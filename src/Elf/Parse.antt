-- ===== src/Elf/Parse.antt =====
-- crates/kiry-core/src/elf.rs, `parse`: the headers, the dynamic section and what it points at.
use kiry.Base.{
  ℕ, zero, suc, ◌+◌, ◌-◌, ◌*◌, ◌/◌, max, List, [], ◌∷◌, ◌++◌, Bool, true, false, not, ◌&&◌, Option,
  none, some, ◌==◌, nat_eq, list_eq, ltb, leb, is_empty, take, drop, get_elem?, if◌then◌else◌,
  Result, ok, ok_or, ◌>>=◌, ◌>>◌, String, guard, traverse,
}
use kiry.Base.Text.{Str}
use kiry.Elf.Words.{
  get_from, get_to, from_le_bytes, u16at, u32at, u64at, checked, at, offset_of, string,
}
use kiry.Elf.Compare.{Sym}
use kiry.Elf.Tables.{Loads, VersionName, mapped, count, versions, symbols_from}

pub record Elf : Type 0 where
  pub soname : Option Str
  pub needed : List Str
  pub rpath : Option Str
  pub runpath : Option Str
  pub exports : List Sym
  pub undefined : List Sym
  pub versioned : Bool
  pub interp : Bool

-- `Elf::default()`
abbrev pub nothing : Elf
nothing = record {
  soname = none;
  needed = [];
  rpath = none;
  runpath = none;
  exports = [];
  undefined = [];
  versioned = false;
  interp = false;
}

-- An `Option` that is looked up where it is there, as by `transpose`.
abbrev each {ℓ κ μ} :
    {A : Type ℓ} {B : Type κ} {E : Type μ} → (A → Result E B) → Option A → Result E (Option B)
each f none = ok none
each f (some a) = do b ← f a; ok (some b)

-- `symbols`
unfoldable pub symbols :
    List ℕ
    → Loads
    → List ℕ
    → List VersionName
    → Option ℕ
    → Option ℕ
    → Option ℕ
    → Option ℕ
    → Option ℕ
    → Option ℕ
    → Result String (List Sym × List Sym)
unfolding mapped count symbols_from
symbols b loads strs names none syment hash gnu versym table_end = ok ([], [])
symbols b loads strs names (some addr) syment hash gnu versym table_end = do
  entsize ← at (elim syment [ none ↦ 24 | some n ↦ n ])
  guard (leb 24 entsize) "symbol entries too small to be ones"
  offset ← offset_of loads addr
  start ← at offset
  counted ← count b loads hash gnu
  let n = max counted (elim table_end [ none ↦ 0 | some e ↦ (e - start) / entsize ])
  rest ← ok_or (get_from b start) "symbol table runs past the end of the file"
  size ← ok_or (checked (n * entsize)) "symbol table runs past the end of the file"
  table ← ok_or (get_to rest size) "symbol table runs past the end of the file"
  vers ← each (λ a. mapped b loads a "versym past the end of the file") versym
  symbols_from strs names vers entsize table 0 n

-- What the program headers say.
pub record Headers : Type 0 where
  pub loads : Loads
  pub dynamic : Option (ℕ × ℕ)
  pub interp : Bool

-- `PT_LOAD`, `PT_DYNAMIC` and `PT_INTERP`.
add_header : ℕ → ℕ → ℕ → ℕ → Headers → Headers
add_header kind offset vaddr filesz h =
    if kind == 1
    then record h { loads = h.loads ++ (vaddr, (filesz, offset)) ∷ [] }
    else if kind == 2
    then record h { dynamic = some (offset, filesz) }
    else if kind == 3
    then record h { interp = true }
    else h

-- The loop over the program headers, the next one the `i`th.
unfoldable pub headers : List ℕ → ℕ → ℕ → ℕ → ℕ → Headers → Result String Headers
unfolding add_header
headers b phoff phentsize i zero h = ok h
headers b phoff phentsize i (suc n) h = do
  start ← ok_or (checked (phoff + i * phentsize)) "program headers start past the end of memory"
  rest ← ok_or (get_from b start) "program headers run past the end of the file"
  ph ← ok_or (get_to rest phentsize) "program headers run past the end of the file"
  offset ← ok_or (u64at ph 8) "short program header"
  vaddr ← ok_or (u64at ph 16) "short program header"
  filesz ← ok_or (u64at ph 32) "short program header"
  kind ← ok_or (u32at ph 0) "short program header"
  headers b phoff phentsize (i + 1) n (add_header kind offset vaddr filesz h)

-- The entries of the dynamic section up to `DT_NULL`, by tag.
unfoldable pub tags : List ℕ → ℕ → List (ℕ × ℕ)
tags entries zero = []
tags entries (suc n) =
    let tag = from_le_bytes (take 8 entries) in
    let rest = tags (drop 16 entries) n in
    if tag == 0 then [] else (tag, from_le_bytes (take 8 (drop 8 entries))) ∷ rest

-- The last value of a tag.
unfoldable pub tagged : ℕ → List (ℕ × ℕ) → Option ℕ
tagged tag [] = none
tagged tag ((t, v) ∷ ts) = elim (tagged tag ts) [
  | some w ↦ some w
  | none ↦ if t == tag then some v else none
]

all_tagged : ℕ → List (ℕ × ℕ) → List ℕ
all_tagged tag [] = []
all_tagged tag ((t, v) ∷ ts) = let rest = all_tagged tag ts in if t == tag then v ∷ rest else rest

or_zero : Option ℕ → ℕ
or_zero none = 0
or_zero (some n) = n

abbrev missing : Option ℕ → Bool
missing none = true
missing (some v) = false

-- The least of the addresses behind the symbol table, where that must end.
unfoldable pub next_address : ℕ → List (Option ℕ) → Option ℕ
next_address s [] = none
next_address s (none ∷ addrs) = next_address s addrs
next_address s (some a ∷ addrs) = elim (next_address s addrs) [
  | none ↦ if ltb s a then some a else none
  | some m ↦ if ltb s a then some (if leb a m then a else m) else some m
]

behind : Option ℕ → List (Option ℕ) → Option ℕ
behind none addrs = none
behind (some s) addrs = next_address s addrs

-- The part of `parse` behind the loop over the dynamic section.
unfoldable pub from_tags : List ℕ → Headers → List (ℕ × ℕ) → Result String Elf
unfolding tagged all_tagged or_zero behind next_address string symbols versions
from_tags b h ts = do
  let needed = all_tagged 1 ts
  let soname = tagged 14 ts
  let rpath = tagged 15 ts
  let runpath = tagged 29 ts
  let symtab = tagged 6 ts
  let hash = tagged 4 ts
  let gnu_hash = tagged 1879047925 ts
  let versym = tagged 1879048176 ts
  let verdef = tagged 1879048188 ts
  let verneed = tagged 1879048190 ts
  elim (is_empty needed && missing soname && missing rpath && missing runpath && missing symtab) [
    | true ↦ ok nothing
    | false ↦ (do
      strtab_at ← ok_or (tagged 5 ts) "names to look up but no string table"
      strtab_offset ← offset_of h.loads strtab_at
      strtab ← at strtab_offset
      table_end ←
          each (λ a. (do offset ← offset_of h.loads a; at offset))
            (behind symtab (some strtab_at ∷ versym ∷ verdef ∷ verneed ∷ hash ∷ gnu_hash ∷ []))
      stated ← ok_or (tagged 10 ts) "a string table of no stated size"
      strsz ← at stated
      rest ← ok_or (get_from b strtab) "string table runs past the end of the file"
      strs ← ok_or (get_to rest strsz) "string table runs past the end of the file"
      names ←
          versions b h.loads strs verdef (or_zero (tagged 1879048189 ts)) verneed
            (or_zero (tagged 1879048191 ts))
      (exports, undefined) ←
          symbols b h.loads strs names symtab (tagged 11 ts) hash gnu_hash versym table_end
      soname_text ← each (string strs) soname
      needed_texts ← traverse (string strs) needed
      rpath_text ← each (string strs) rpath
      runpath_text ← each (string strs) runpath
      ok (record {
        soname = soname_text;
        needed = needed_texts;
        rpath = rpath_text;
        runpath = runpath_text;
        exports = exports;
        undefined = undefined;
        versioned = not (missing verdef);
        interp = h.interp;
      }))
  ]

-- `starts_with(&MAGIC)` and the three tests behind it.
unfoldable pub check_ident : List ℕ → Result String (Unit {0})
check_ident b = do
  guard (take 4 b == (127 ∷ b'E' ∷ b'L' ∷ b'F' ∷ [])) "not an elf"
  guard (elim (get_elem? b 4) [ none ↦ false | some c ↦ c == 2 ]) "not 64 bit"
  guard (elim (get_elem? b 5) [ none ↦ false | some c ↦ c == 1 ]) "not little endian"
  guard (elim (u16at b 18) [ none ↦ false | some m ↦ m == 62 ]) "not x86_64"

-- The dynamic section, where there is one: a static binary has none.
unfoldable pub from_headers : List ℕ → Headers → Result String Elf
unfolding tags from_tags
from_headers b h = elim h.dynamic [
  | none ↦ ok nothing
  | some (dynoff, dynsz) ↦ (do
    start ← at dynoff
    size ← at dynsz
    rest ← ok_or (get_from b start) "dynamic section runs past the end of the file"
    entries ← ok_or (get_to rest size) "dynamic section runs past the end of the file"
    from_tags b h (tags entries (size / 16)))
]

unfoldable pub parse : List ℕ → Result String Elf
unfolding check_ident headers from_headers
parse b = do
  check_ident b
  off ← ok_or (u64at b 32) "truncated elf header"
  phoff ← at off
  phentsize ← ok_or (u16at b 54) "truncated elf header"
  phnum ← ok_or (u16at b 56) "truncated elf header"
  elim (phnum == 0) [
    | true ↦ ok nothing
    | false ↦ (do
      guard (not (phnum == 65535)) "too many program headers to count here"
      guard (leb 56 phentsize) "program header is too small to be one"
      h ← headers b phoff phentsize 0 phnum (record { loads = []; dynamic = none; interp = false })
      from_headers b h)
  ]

┄┄┄┄┄┄

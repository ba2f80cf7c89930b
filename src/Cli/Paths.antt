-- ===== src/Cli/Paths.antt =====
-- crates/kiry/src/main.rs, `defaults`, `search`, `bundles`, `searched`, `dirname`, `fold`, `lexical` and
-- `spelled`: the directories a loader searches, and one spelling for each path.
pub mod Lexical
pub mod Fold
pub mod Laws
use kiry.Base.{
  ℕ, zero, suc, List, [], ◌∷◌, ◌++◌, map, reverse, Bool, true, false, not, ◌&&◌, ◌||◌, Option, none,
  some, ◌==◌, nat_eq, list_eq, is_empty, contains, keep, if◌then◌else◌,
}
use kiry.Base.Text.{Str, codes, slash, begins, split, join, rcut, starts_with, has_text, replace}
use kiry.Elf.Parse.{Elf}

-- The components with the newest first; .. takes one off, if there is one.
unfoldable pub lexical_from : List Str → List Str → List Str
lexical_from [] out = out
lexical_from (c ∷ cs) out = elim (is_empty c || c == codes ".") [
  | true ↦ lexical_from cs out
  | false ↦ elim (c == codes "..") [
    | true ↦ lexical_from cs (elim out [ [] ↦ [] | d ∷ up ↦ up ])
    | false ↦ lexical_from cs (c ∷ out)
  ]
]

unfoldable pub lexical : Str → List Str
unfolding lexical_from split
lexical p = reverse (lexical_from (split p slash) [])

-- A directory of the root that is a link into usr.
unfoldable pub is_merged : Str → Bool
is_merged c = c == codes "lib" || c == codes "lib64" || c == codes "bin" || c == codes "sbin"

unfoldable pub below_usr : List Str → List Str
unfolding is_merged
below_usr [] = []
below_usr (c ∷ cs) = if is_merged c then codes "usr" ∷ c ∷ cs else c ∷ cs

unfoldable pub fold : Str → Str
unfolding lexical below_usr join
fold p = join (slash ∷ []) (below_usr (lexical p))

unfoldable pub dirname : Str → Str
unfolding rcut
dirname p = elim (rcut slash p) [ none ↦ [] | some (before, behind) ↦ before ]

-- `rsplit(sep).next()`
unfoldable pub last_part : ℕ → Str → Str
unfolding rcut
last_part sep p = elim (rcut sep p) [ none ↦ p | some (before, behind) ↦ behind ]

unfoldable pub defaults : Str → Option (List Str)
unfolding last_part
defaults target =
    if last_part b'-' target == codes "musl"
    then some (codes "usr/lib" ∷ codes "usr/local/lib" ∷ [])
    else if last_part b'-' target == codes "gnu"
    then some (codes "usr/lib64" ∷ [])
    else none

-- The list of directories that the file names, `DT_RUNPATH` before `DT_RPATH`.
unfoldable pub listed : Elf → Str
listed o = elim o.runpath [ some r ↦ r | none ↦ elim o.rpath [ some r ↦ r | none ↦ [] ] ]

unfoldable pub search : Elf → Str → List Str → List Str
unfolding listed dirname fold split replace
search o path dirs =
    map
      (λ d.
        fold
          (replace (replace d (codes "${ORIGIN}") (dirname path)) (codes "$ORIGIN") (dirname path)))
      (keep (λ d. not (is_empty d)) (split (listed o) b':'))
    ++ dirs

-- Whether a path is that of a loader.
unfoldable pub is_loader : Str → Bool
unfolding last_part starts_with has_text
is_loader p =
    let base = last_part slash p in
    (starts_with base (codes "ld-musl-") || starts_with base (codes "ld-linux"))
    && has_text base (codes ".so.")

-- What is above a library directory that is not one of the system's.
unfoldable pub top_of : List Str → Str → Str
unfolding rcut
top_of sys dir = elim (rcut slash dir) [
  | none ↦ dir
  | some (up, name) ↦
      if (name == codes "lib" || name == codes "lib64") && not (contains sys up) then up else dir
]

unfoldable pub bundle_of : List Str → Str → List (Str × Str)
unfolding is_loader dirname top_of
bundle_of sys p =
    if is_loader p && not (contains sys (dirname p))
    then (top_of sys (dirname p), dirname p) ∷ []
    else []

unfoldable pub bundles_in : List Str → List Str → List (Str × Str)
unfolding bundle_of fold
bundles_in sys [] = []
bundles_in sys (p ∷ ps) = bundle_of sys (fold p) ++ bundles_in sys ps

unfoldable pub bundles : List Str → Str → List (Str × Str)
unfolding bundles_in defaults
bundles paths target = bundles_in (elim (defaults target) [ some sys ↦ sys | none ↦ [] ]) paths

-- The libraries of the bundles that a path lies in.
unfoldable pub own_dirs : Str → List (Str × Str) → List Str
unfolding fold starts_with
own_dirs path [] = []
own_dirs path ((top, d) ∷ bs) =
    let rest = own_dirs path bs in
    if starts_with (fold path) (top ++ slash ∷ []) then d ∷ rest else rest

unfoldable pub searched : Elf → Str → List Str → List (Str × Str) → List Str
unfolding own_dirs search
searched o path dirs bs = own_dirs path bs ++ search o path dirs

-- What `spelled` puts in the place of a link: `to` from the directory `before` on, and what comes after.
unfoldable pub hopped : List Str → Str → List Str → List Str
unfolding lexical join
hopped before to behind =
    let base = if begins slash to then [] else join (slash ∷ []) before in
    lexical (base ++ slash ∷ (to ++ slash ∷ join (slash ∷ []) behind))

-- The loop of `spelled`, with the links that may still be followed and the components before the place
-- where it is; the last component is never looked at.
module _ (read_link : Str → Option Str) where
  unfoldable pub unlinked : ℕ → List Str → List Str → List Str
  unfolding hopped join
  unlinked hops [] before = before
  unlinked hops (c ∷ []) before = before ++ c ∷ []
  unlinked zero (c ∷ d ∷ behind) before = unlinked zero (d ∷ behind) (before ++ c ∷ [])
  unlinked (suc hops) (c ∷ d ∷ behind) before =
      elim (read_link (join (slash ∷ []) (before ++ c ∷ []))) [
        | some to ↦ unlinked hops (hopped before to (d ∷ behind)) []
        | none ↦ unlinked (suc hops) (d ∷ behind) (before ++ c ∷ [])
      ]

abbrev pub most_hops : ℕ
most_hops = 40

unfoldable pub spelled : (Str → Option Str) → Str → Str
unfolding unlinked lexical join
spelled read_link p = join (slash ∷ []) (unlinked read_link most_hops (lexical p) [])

┄┄┄┄┄┄

_Work request_. Identify the lines in the entries above that contain "begins", then copy them out.

_Answer_.
use kiry.Base.Text.{Str, codes, slash, begins, split, join, rcut, starts_with, has_text, replace}
    let base = if begins slash to then [] else join (slash ∷ []) before in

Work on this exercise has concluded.